#### Information supplied:
-- ===== src/Api/DeepCopy/Views/MachinePool.antt =====
-- The views of CCEManagedMachinePool and its parts.
use cluster_api_provider_cce.Prelude.{ℕ, String, Bool, refl, Option, List}
use cluster_api_provider_cce.Memory.Copies.{Copied, plain}
use cluster_api_provider_cce.Memory.Copies.Lists.{list}
use cluster_api_provider_cce.Memory.Copies.Pointers.{pointer}
use cluster_api_provider_cce.Memory.Copies.Structs.{both, struct, Fieldwise}
use cluster_api_provider_cce.Api.Memory.{
  Layouts, Address, TypeMeta, Volume, Subnet, MachinePoolSpec, MachinePoolStatus,
  ManagedMachinePool, ManagedMachinePoolList,
}
use cluster_api_provider_cce.Api.Memory.Cells.{Cell}
use cluster_api_provider_cce.Api.DeepCopy.{Library}
use cluster_api_provider_cce.Api.Memory.Kinds.{
  text_kind, number_kind, volume_kind, volumes_kind, pairs_kind, taints_kind, slice_kind,
  subnet_kind, strings_kind, conditions_kind, machine_pools_kind,
}
use cluster_api_provider_cce.Api.DeepCopy.MachinePool.{
  copy_machine_pool_spec_into, copy_machine_pool_status_into, copy_machine_pool_into,
  copy_machine_pool_list_into,
}
use cluster_api_provider_cce.Api.DeepCopy.Views.{taint_view}

module _ {L : Layouts} where
  pub copy_machine_pool_spec-fields :
      Fieldwise
        (both (pointer (plain {X = Cell L} ℕ) (number_kind {L = L})) (
          both (pointer (plain {X = Cell L} String) (text_kind {L = L})) (
            both (pointer (plain {X = Cell L} String) (text_kind {L = L})) (
              both (pointer (plain {X = Cell L} String) (text_kind {L = L})) (
                both (pointer (plain {X = Cell L} Volume) (volume_kind {L = L})) (
                  both (pointer (plain {X = Cell L} (List Volume)) (volumes_kind {L = L})) (
                    both
                      (pointer (plain {X = Cell L} (List (String × String))) (pairs_kind {L = L}))
                      (both
                        (pointer
                          (pointer (list taint_view) (taints_kind {L = L}))
                          (slice_kind {L = L}))
                        (both (pointer (plain {X = Cell L} Subnet) (subnet_kind {L = L})) (
                          pointer
                            (plain {X = Cell L} (List String))
                            (strings_kind {L = L})))))))))))
        (λ t. (
          t.replicas,
          (
            t.flavor,
            (
              t.runtime,
              (
                t.ssh_key_name,
                (
                  t.root_volume,
                  (t.data_volumes, (t.labels, (t.taints, (t.subnet, t.provider_id_list)))),
                ),
              ),
            ),
          ),
        ))
        (λ t. record {
          replicas = t.0;
          flavor = t.1.0;
          runtime = t.1.1.0;
          ssh_key_name = t.1.1.1.0;
          root_volume = t.1.1.1.1.0;
          data_volumes = t.1.1.1.1.1.0;
          labels = t.1.1.1.1.1.1.0;
          taints = t.1.1.1.1.1.1.1.0;
          subnet = t.1.1.1.1.1.1.1.1.0;
          provider_id_list = t.1.1.1.1.1.1.1.1.1;
        })
        copy_machine_pool_spec_into
  unfolding copy_machine_pool_spec_into
  copy_machine_pool_spec-fields t h = refl

  abbrev pub machine_pool_spec_view :
      Copied (Cell L) (MachinePoolSpec Address) (MachinePoolSpec Option)
  machine_pool_spec_view =
      struct
        (both (pointer (plain {X = Cell L} ℕ) (number_kind {L = L})) (
          both (pointer (plain {X = Cell L} String) (text_kind {L = L})) (
            both (pointer (plain {X = Cell L} String) (text_kind {L = L})) (
              both (pointer (plain {X = Cell L} String) (text_kind {L = L})) (
                both (pointer (plain {X = Cell L} Volume) (volume_kind {L = L})) (
                  both (pointer (plain {X = Cell L} (List Volume)) (volumes_kind {L = L})) (
                    both
                      (pointer (plain {X = Cell L} (List (String × String))) (pairs_kind {L = L}))
                      (both
                        (pointer (pointer (list taint_view) (taints_kind {L = L}))
                          (slice_kind {L = L}))
                        (both (pointer (plain {X = Cell L} Subnet) (subnet_kind {L = L})) (
                          pointer (plain {X = Cell L} (List String))
                            (strings_kind {L = L})))))))))))
        (λ t. (
          t.replicas,
          (
            t.flavor,
            (
              t.runtime,
              (
                t.ssh_key_name,
                (
                  t.root_volume,
                  (t.data_volumes, (t.labels, (t.taints, (t.subnet, t.provider_id_list)))),
                ),
              ),
            ),
          ),
        ))
        (λ t. record {
          replicas = t.0;
          flavor = t.1.0;
          runtime = t.1.1.0;
          ssh_key_name = t.1.1.1.0;
          root_volume = t.1.1.1.1.0;
          data_volumes = t.1.1.1.1.1.0;
          labels = t.1.1.1.1.1.1.0;
          taints = t.1.1.1.1.1.1.1.0;
          subnet = t.1.1.1.1.1.1.1.1.0;
          provider_id_list = t.1.1.1.1.1.1.1.1.1;
        })
        (λ t. (
          t.replicas,
          (
            t.flavor,
            (
              t.runtime,
              (
                t.ssh_key_name,
                (
                  t.root_volume,
                  (t.data_volumes, (t.labels, (t.taints, (t.subnet, t.provider_id_list)))),
                ),
              ),
            ),
          ),
        ))
        copy_machine_pool_spec_into (λ t. refl) copy_machine_pool_spec-fields

module _ {L V : Layouts} (lib : Library L V) where
  pub copy_machine_pool_status-fields :
      Fieldwise
        (both (plain {X = Cell L} Bool) (
          both (plain {X = Cell L} ℕ) (
            both (pointer (plain {X = Cell L} String) (text_kind {L = L})) (
              both
                (pointer (plain {X = Cell L} String) (text_kind {L = L}))
                (pointer (list lib.condition) (conditions_kind {L = L}))))))
        (λ t. (t.ready, (t.replicas, (t.failure_reason, (t.failure_message, t.conditions)))))
        (λ t. record {
          ready = t.0;
          replicas = t.1.0;
          failure_reason = t.1.1.0;
          failure_message = t.1.1.1.0;
          conditions = t.1.1.1.1;
        })
        (copy_machine_pool_status_into lib)
  unfolding copy_machine_pool_status_into
  copy_machine_pool_status-fields t h = refl

  abbrev pub machine_pool_status_view :
      Copied (Cell L) (MachinePoolStatus L Address) (MachinePoolStatus V Option)
  machine_pool_status_view =
      struct
        (both (plain {X = Cell L} Bool) (
          both (plain {X = Cell L} ℕ) (
            both (pointer (plain {X = Cell L} String) (text_kind {L = L})) (
              both (pointer (plain {X = Cell L} String) (text_kind {L = L}))
                (pointer (list lib.condition) (conditions_kind {L = L}))))))
        (λ t. (t.ready, (t.replicas, (t.failure_reason, (t.failure_message, t.conditions)))))
        (λ t. record {
          ready = t.0;
          replicas = t.1.0;
          failure_reason = t.1.1.0;
          failure_message = t.1.1.1.0;
          conditions = t.1.1.1.1;
        })
        (λ t. (t.ready, (t.replicas, (t.failure_reason, (t.failure_message, t.conditions)))))
        (copy_machine_pool_status_into lib) (λ t. refl) copy_machine_pool_status-fields

  pub copy_machine_pool-fields :
      Fieldwise
        (both
          (plain {X = Cell L} TypeMeta)
          (both (lib.meta) (both (machine_pool_spec_view) (machine_pool_status_view))))
        (λ t. (t.type_meta, (t.meta, (t.spec, t.status))))
        (λ t. record { type_meta = t.0; meta = t.1.0; spec = t.1.1.0; status = t.1.1.1 })
        (copy_machine_pool_into lib)
  unfolding copy_machine_pool_into
  copy_machine_pool-fields t h = refl

  abbrev pub machine_pool_view :
      Copied (Cell L) (ManagedMachinePool L Address) (ManagedMachinePool V Option)
  machine_pool_view =
      struct
        (both (plain {X = Cell L} TypeMeta)
          (both (lib.meta) (both (machine_pool_spec_view) (machine_pool_status_view))))
        (λ t. (t.type_meta, (t.meta, (t.spec, t.status))))
        (λ t. record { type_meta = t.0; meta = t.1.0; spec = t.1.1.0; status = t.1.1.1 })
        (λ t. (t.type_meta, (t.meta, (t.spec, t.status)))) (copy_machine_pool_into lib) (λ t. refl)
        copy_machine_pool-fields

  pub copy_machine_pool_list-fields :
      Fieldwise
        (both
          (plain {X = Cell L} TypeMeta)
          (both (lib.list_meta) (pointer (list machine_pool_view) (machine_pools_kind {L = L}))))
        (λ t. (t.type_meta, (t.list_meta, t.items)))
        (λ t. record { type_meta = t.0; list_meta = t.1.0; items = t.1.1 })
        (copy_machine_pool_list_into lib)
  unfolding copy_machine_pool_list_into
  copy_machine_pool_list-fields t h = refl

  abbrev pub machine_pool_list_view :
      Copied (Cell L) (ManagedMachinePoolList L Address) (ManagedMachinePoolList V Option)
  machine_pool_list_view =
      struct
        (both (plain {X = Cell L} TypeMeta)
          (both (lib.list_meta) (pointer (list machine_pool_view) (machine_pools_kind {L = L}))))
        (λ t. (t.type_meta, (t.list_meta, t.items)))
        (λ t. record { type_meta = t.0; list_meta = t.1.0; items = t.1.1 })
        (λ t. (t.type_meta, (t.list_meta, t.items))) (copy_machine_pool_list_into lib) (λ t. refl)
        copy_machine_pool_list-fields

#### Exercise aim:
For the word "DeepCopy", find all matching lines in the entries above and copy them out.

#### Solution to this problem:
-- ===== src/Api/DeepCopy/Views/MachinePool.antt =====
use cluster_api_provider_cce.Api.DeepCopy.{Library}
use cluster_api_provider_cce.Api.DeepCopy.MachinePool.{
use cluster_api_provider_cce.Api.DeepCopy.Views.{taint_view}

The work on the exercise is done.